START INPUT DATA

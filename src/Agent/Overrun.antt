-- ===== src/Agent/Overrun.antt =====
-- Schedules of `AsyncGate` (src/node-agent/agent.ts) on which an `acquire` comes before a woken waiter.
use base_layer.Base.{
  ℕ, zero, suc, ◌+◌, ◌-◌, ◌≤◌, ◌<◌, true, false, List, [], ◌∷◌, ◌≡◌, refl, ap, subst, arith, leb,
  nat_eq,
}
use base_layer.Agent.Gate.{
  AsyncGate, idle_gate, without, Move, acquire, resume, release, move, Reachable,
}

abbrev tickets : ℕ → List ℕ
tickets zero = []
tickets (suc n) = n ∷ tickets n

-- A gate with a number of active tickets and no other.
abbrev busy : ℕ → AsyncGate
busy n = record { active = n; waiters = []; woken = []; holders = tickets n }

module _ (limit : ℕ) where
  one_more : (n : ℕ) → n < limit → move limit (Move.acquires n) (busy n) ≡ busy (suc n)
  unfolding move acquire
  one_more n h =
      let z : leb limit 0 ≡ false = ground arith in
      let b : leb limit n ≡ false = ground arith in
      rw (z, b)
        (ap (λ a. record { active = a; waiters = []; woken = []; holders = n ∷ tickets n })
          (omega arith))

  busy-Reachable : (n : ℕ) → n ≤ limit → Reachable limit (busy n)
  unfolding idle_gate
  busy-Reachable zero h = Reachable.start
  busy-Reachable (suc n) h =
      subst (Reachable limit) (one_more n (omega arith))
        (Reachable.then_move (busy-Reachable n (omega arith)) (Move.acquires n))

-- The gate is full and 7 waits; the last ticket is released; 8 calls `acquire` before 7 goes on.
module _ (k : ℕ) where
  abbrev waiting : AsyncGate
  waiting = record { active = suc k; waiters = 7 ∷ []; woken = []; holders = tickets (suc k) }

  abbrev woken : AsyncGate
  woken = record { active = k; waiters = []; woken = 7 ∷ []; holders = tickets k }

  abbrev overtaken : AsyncGate
  overtaken = record { active = suc k; waiters = []; woken = 7 ∷ []; holders = 8 ∷ tickets k }

  positive : leb (suc k) 0 ≡ false
  positive = ground arith

  waits : move (suc k) (Move.acquires 7) (busy (suc k)) ≡ waiting
  unfolding move acquire
  waits = let b : leb (suc k) (suc k) ≡ true = ground arith in rw (positive, b)

  wakes : move (suc k) (Move.releases k) waiting ≡ woken
  unfolding move release without
  wakes =
      let e : nat_eq k k ≡ true = ground arith in let d : suc k - 1 ≡ k = omega arith in rw (e, d)

  overtakes : move (suc k) (Move.acquires 8) woken ≡ overtaken
  unfolding move acquire
  overtakes =
      let b : leb (suc k) k ≡ false = ground arith in
      let d : k + 1 ≡ suc k = omega arith in rw (positive, b, d)

  overtaken-Reachable : Reachable (suc k) overtaken
  overtaken-Reachable = subst (Reachable (suc k)) overtakes (
      Reachable.then_move
        (subst (Reachable (suc k)) wakes (
          Reachable.then_move
            (subst (Reachable (suc k)) waits (
              Reachable.then_move (busy-Reachable (suc k) (suc k) (omega arith)) (Move.acquires 7)))
            (Move.releases k)))
        (Move.acquires 8))

-- For every positive limit some schedule makes one ticket more active than the limit: an `acquire`
-- that is called between a release and the next step of the waiter that it wakes overtakes it, and both
-- go on.
pub gate-overrun :
    (limit : ℕ) → 0 < limit → (g : AsyncGate) × Reachable limit g × (g.active ≡ limit + 1)
unfolding move resume
gate-overrun zero h = absurd (omega arith)
gate-overrun (suc k) h = (
  move (suc k) Move.resumes (overtaken k),
  Reachable.then_move (overtaken-Reachable k) Move.resumes,
  refl,
)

END INPUT DATA

--- WHAT THE EXERCISE ASKS ---
Your task is to copy every entry above, exactly as written.

--- ANSWER SPACE ---
filename src/Agent/Overrun.antt
-- ===== src/Agent/Overrun.antt =====
-- Schedules of `AsyncGate` (src/node-agent/agent.ts) on which an `acquire` comes before a woken waiter.
use base_layer.Base.{
  ℕ, zero, suc, ◌+◌, ◌-◌, ◌≤◌, ◌<◌, true, false, List, [], ◌∷◌, ◌≡◌, refl, ap, subst, arith, leb,
  nat_eq,
}
use base_layer.Agent.Gate.{
  AsyncGate, idle_gate, without, Move, acquire, resume, release, move, Reachable,
}

abbrev tickets : ℕ → List ℕ
tickets zero = []
tickets (suc n) = n ∷ tickets n

-- A gate with a number of active tickets and no other.
abbrev busy : ℕ → AsyncGate
busy n = record { active = n; waiters = []; woken = []; holders = tickets n }

module _ (limit : ℕ) where
  one_more : (n : ℕ) → n < limit → move limit (Move.acquires n) (busy n) ≡ busy (suc n)
  unfolding move acquire
  one_more n h =
      let z : leb limit 0 ≡ false = ground arith in
      let b : leb limit n ≡ false = ground arith in
      rw (z, b)
        (ap (λ a. record { active = a; waiters = []; woken = []; holders = n ∷ tickets n })
          (omega arith))

  busy-Reachable : (n : ℕ) → n ≤ limit → Reachable limit (busy n)
  unfolding idle_gate
  busy-Reachable zero h = Reachable.start
  busy-Reachable (suc n) h =
      subst (Reachable limit) (one_more n (omega arith))
        (Reachable.then_move (busy-Reachable n (omega arith)) (Move.acquires n))

-- The gate is full and 7 waits; the last ticket is released; 8 calls `acquire` before 7 goes on.
module _ (k : ℕ) where
  abbrev waiting : AsyncGate
  waiting = record { active = suc k; waiters = 7 ∷ []; woken = []; holders = tickets (suc k) }

  abbrev woken : AsyncGate
  woken = record { active = k; waiters = []; woken = 7 ∷ []; holders = tickets k }

  abbrev overtaken : AsyncGate
  overtaken = record { active = suc k; waiters = []; woken = 7 ∷ []; holders = 8 ∷ tickets k }

  positive : leb (suc k) 0 ≡ false
  positive = ground arith

  waits : move (suc k) (Move.acquires 7) (busy (suc k)) ≡ waiting
  unfolding move acquire
  waits = let b : leb (suc k) (suc k) ≡ true = ground arith in rw (positive, b)

  wakes : move (suc k) (Move.releases k) waiting ≡ woken
  unfolding move release without
  wakes =
      let e : nat_eq k k ≡ true = ground arith in let d : suc k - 1 ≡ k = omega arith in rw (e, d)

  overtakes : move (suc k) (Move.acquires 8) woken ≡ overtaken
  unfolding move acquire
  overtakes =
      let b : leb (suc k) k ≡ false = ground arith in
      let d : k + 1 ≡ suc k = omega arith in rw (positive, b, d)

  overtaken-Reachable : Reachable (suc k) overtaken
  overtaken-Reachable = subst (Reachable (suc k)) overtakes (
      Reachable.then_move
        (subst (Reachable (suc k)) wakes (
          Reachable.then_move
            (subst (Reachable (suc k)) waits (
              Reachable.then_move (busy-Reachable (suc k) (suc k) (omega arith)) (Move.acquires 7)))
            (Move.releases k)))
        (Move.acquires 8))

-- For every positive limit some schedule makes one ticket more active than the limit: an `acquire`
-- that is called between a release and the next step of the waiter that it wakes overtakes it, and both
-- go on.
pub gate-overrun :
    (limit : ℕ) → 0 < limit → (g : AsyncGate) × Reachable limit g × (g.active ≡ limit + 1)
unfolding move resume
gate-overrun zero h = absurd (omega arith)
gate-overrun (suc k) h = (
  move (suc k) Move.resumes (overtaken k),
  Reachable.then_move (overtaken-Reachable k) Move.resumes,
  refl,
)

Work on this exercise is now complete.